Collected data entries:
........

-- ===== src/Readiness/Wait/Ready.antt =====
-- When `watch` declares the server ready.
use docker_vrising.Prelude.{
  ℕ, zero, suc, ◌+◌, ◌≤◌, Bool, true, false, ◌&&◌, not, ◌≡◌, ◌⊎◌, refl, ◌∙◌, sym, ap, List, [], ◌∷◌,
  ◌==◌, any, nat_eq, bytes_eq, Bytes, arith, All, inl, inr, Option, none, some, if◌then◌else◌,
}
use docker_vrising.Prelude.Result.{Result, ok, err, ◌>>=◌, ◌>>◌, >>=-eq-ok, guard-passed}
use docker_vrising.Readiness.{ExpectedReadiness, complete}
use docker_vrising.Readiness.Round.{
  LogBatch, ReadinessError, cancelled, unexpected_round, Seen, Round, take_batches, check_fatal,
  observe_batches, observe_readiness_round,
}
use docker_vrising.Readiness.Wait.{
  Watch, Outcome, is_ready, failed, watching, count_quiet, go_on, after_round, observe_acknowledged,
  watch_round, watch_rounds,
}
use docker_vrising.Readiness.Wait.Shown.{
  History, evidence_of, round-evidence, IsCalm, check_fatal-IsCalm,
}

abbrev is_quiet : List LogBatch → Bool
is_quiet batches =
    not (any (λ (b : LogBatch). b.more) batches)
    && (not (any (λ (b : LogBatch). b.pending) batches)
        && not (any (λ (b : LogBatch). b.activity) batches))

-- How many rounds in a row, up to the latest, were quiet with complete evidence.
unfoldable pub quiet_run : ExpectedReadiness → History → ℕ
quiet_run expected [] = 0
quiet_run expected (batches ∷ older) =
    let before = quiet_run expected older in
    if complete (evidence_of expected (batches ∷ older)) expected.require_mods && is_quiet batches
    then before + 1
    else 0

-- The monitor has called `onReady`, or returned without an error.
abbrev pub declares : Outcome → Bool
declares is_ready = true
declares (failed e) = false
declares (watching w) = w.announced

module _ (expected : ExpectedReadiness) (write_fails : List Bytes → Bytes → Bool)
    (acknowledged : ℕ → Option (List LogBatch)) where
  -- What the followers handed over in the rounds up to the given one.
  abbrev pub HasHistory : ℕ → History → Type 0
  HasHistory zero [] = Unit
  HasHistory zero (batches ∷ older) = ⊥
  HasHistory (suc n) [] = ⊥
  HasHistory (suc n) (batches ∷ older) = (acknowledged (suc n) ≡ some batches) × HasHistory n older

  -- Some round was the second quiet one with complete evidence, and no line up to it was fatal.
  pub record Declared (n : ℕ) : Type 0 where
    pub round : ℕ
    pub bound : round ≤ n
    pub history : History
    pub has : HasHistory round history
    pub quiet : quiet_run expected history ≡ 2
    pub calm : All IsCalm history

  record Unannounced (n : ℕ) (w : Watch) : Type 0 where
    history : History
    has : HasHistory n history
    evidence : w.seen.evidence ≡ evidence_of expected history
    quiet : w.quiet_rounds ≡ quiet_run expected history
    calm : All IsCalm history

  Declared-later : (n : ℕ) → Declared n → Declared (suc n)
  Declared-later n d = record {
    round = d.round;
    bound = omega (arith, d.bound);
    history = d.history;
    has = d.has;
    quiet = d.quiet;
    calm = d.calm;
  }

  -- What one round does to the evidence, the count and the lines looked at.
  record Observed (w : Watch) (older : History) (batches : List LogBatch) (r : Round) (s : Seen)
      : Type 0 where
    evidence : s.evidence ≡ evidence_of expected (batches ∷ older)
    ready : r.ready ≡ complete s.evidence expected.require_mods
    quiet : (not r.more && (not r.pending && not r.activity)) ≡ is_quiet batches
    calm : IsCalm batches

  round-Observed :
      (round : ℕ) (w : Watch) (older : History) (batches : List LogBatch) {r : Round} {s : Seen}
      → w.seen.evidence ≡ evidence_of expected older
      → observe_readiness_round write_fails expected true round batches w.seen ≡ ok (r, s)
      → Observed w older batches r s
  unfolding observe_readiness_round
  round-Observed round w older batches {r = r} {s = s} e h =
      let (rounds, taking) =
        guard-passed (not (any (λ (b : LogBatch). not (b.round == round)) batches)) unexpected_round
          (take_batches write_fails batches w.seen >>= from) h in
      let (taken, took, rest) = >>=-eq-ok (take_batches write_fails batches w.seen) from taking in
      let (u, checked, last) = >>=-eq-ok (check_fatal batches) (λ u. ok (results taken)) rest in
      let evidence = round-evidence expected write_fails batches older w.seen e took in
      let observed : s.evidence ≡ observe_batches expected batches taken.evidence = ground arith in
      record {
        evidence = observed ∙ evidence;
        ready = ground arith;
        quiet = ground arith;
        calm = check_fatal-IsCalm batches (ground arith);
      }
    where
      results : Seen → Round × Seen
      results taken =
          let evidence = observe_batches expected batches taken.evidence in
          (
            record {
              ready = complete evidence expected.require_mods;
              more = any (λ (b : LogBatch). b.more) batches;
              pending = any (λ (b : LogBatch). b.pending) batches;
              activity = any (λ (b : LogBatch). b.activity) batches;
            },
            record { evidence = evidence; written = taken.written },
          )

      from : Seen → Result ReadinessError (Round × Seen)
      from taken = check_fatal batches >> ok (results taken)

module _ (expected : ExpectedReadiness) (write_fails : List Bytes → Bytes → Bool)
    (acknowledged : ℕ → Option (List LogBatch)) (stopped : ℕ → Bool) (on_ready : Bool) where
  abbrev DeclaredBy : ℕ → Type 0
  DeclaredBy n = Declared expected write_fails acknowledged n

  -- What is known when the loop stands so after some rounds.
  abbrev Stands : ℕ → Outcome → Type 0
  Stands n is_ready = DeclaredBy n
  Stands n (failed e) = Unit
  Stands n (watching w) =
      ((w.announced ≡ true) × DeclaredBy n)
      ⊎ ((w.announced ≡ false) × Unannounced expected write_fails acknowledged n w)

  go_on-Stands :
      (n : ℕ) (round : ℕ) (r : Round) (w : Watch)
      → Stands n (watching w)
      → Stands n (go_on expected write_fails acknowledged stopped on_ready round r w)
  go_on-Stands n round r w h = from (not (r.more && not r.pending) && stopped round)
    where
      from : (b : Bool) → Stands n (if b then failed cancelled else watching w)
      from true = tt
      from false = h

  module _ (n : ℕ) (w : Watch) (r : Round) (s : Seen) where
    abbrev counted : ℕ
    counted = count_quiet expected write_fails acknowledged stopped on_ready r w.quiet_rounds

    after_round-Stands :
        ((w.announced ≡ true) → DeclaredBy n)
        → ((w.announced ≡ false) → (counted == 2) ≡ true → DeclaredBy n)
        → ((w.announced ≡ false)
            → Unannounced expected write_fails acknowledged n
                (record { seen = s; quiet_rounds = counted; announced = w.announced }))
        → Stands n (after_round expected write_fails acknowledged stopped on_ready n w (ok (r, s)))
    after_round-Stands was now later = from w.announced (counted == 2) on_ready refl refl
      where
        before : Watch
        before = record { seen = s; quiet_rounds = counted; announced = w.announced }

        after : Watch
        after = record { seen = s; quiet_rounds = counted; announced = true }

        from :
            (announced second b : Bool)
            → w.announced ≡ announced
            → (counted == 2) ≡ second
            → Stands n (
                if second && not announced
                then (if b
                    then go_on expected write_fails acknowledged stopped on_ready n r after
                    else is_ready)
                else go_on expected write_fails acknowledged stopped on_ready n r before)
        from true true b e k = go_on-Stands n n r before (inl (e, was e))
        from true false b e k = go_on-Stands n n r before (inl (e, was e))
        from false false b e k = go_on-Stands n n r before (inr (e, later e))
        from false true true e k = go_on-Stands n n r after (inl (refl, now e k))
        from false true false e k = now e k

  module _ (n : ℕ) (w : Watch) where
    -- A round after the declaration, and one before it.
    round_after-Stands :
        w.announced ≡ true
        → DeclaredBy n
        → (observed : Result ReadinessError (Round × Seen))
        → Stands
            (suc n)
            (after_round expected write_fails acknowledged stopped on_ready (suc n) w observed)
    round_after-Stands e d (err reason) = tt
    round_after-Stands e d (ok (r, s)) =
        after_round-Stands (suc n) w r s (λ e. Declared-later expected write_fails acknowledged n d)
          (λ k. absurd cc) (λ k. absurd cc)

    round_before-Stands :
        w.announced ≡ false
        → (u : Unannounced expected write_fails acknowledged n w) → (batches : List LogBatch)
        → acknowledged (suc n) ≡ some batches
        → (observed : Result ReadinessError (Round × Seen))
        → observe_readiness_round write_fails expected true (suc n) batches w.seen ≡ observed
        → Stands
            (suc n)
            (after_round expected write_fails acknowledged stopped on_ready (suc n) w observed)
    unfolding quiet_run
    round_before-Stands e u batches a (err reason) k = tt
    round_before-Stands e u batches a (ok (r, s)) k =
        after_round-Stands (suc n) w r s (λ t. ground arith)
          (λ f second. record {
            round = suc n;
            bound = omega arith;
            history = batches ∷ u.history;
            has = (a, u.has);
            quiet = sym counted-run ∙ ground arith;
            calm = (observed.calm, u.calm);
          })
          (λ f. record {
            history = batches ∷ u.history;
            has = (a, u.has);
            evidence = observed.evidence;
            quiet = counted-run;
            calm = (observed.calm, u.calm);
          })
      where
        observed : Observed expected write_fails acknowledged w u.history batches r s
        observed =
            round-Observed expected write_fails acknowledged (suc n) w u.history batches u.evidence
              k

        ready-same :
            r.ready ≡ complete (evidence_of expected (batches ∷ u.history)) expected.require_mods
        ready-same = observed.ready ∙ ap (λ v. complete v expected.require_mods) observed.evidence

        counted-run : counted (suc n) w r s ≡ quiet_run expected (batches ∷ u.history)
        counted-run = ground (arith, observed.quiet, ready-same, u.quiet)

    watch_round-Stands :
        Stands n (watching w)
        → Stands (suc n) (watch_round expected write_fails acknowledged stopped on_ready (suc n) w)
    unfolding watch_round
    watch_round-Stands (inl (e, d)) = round_after-Stands e d (
        observe_acknowledged expected write_fails acknowledged stopped on_ready (suc n) w
          (acknowledged (suc n)))
    watch_round-Stands (inr (e, u)) = from (acknowledged (suc n)) refl w.announced e
      where
        from :
            (a : Option (List LogBatch))
            → acknowledged (suc n) ≡ a
            → (announced : Bool) → announced ≡ false
            → Stands (suc n) (
                after_round expected write_fails acknowledged stopped on_ready (suc n) w (
                  observe_acknowledged expected write_fails acknowledged stopped on_ready
                    (suc n)
                    (record w { announced = announced })
                    a))
        from none k announced f = tt
        from (some batches) k true f = absurd cc
        from (some batches) k false f =
            round_before-Stands e u batches k
              (observe_readiness_round write_fails expected true (suc n) batches w.seen) refl

  watch_rounds-Stands :
      (n : ℕ) → Stands n (watch_rounds expected write_fails acknowledged stopped on_ready n)
  unfolding watch_rounds quiet_run
  watch_rounds-Stands zero =
      inr (refl, record { history = []; has = tt; evidence = refl; quiet = refl; calm = tt })
  watch_rounds-Stands (suc n) =
      from (watch_rounds expected write_fails acknowledged stopped on_ready n)
        (watch_rounds-Stands n)
    where
      from :
          (o : Outcome)
          → Stands n o
          → Stands (suc n) (elim o [
            | is_ready ↦ is_ready
            | failed e ↦ failed e
            | watching w ↦ watch_round expected write_fails acknowledged stopped on_ready (suc n) w
          ])
      from is_ready d = Declared-later expected write_fails acknowledged n d
      from (failed e) d = tt
      from (watching w) h = watch_round-Stands n w h

  -- When the monitor has declared the server ready, by a call of `onReady` or by its return, there
  -- was a round, no later than those watched, that was the second in a row with complete evidence,
  -- by the account of all that the logs have shown, and nothing more to read; and no line that came
  -- in the rounds up to it was fatal.
  pub watch_rounds-Declared :
      (n : ℕ)
      → declares (watch_rounds expected write_fails acknowledged stopped on_ready n) ≡ true
      → Declared expected write_fails acknowledged n
  watch_rounds-Declared n h =
      from (watch_rounds expected write_fails acknowledged stopped on_ready n) h
        (watch_rounds-Stands n)
    where
      from : (o : Outcome) → declares o ≡ true → Stands n o → DeclaredBy n
      from is_ready k d = d
      from (failed e) k d = absurd cc
      from (watching w) k (inl (e, d)) = d
      from (watching w) k (inr (e, u)) = absurd cc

........

• _TASK GOAL_:
If the word "bound" appears in a line above, copy that line.

• _WRITTEN SOLUTION_:
    pub bound : round ≤ n
    bound = omega (arith, d.bound);
            bound = omega arith;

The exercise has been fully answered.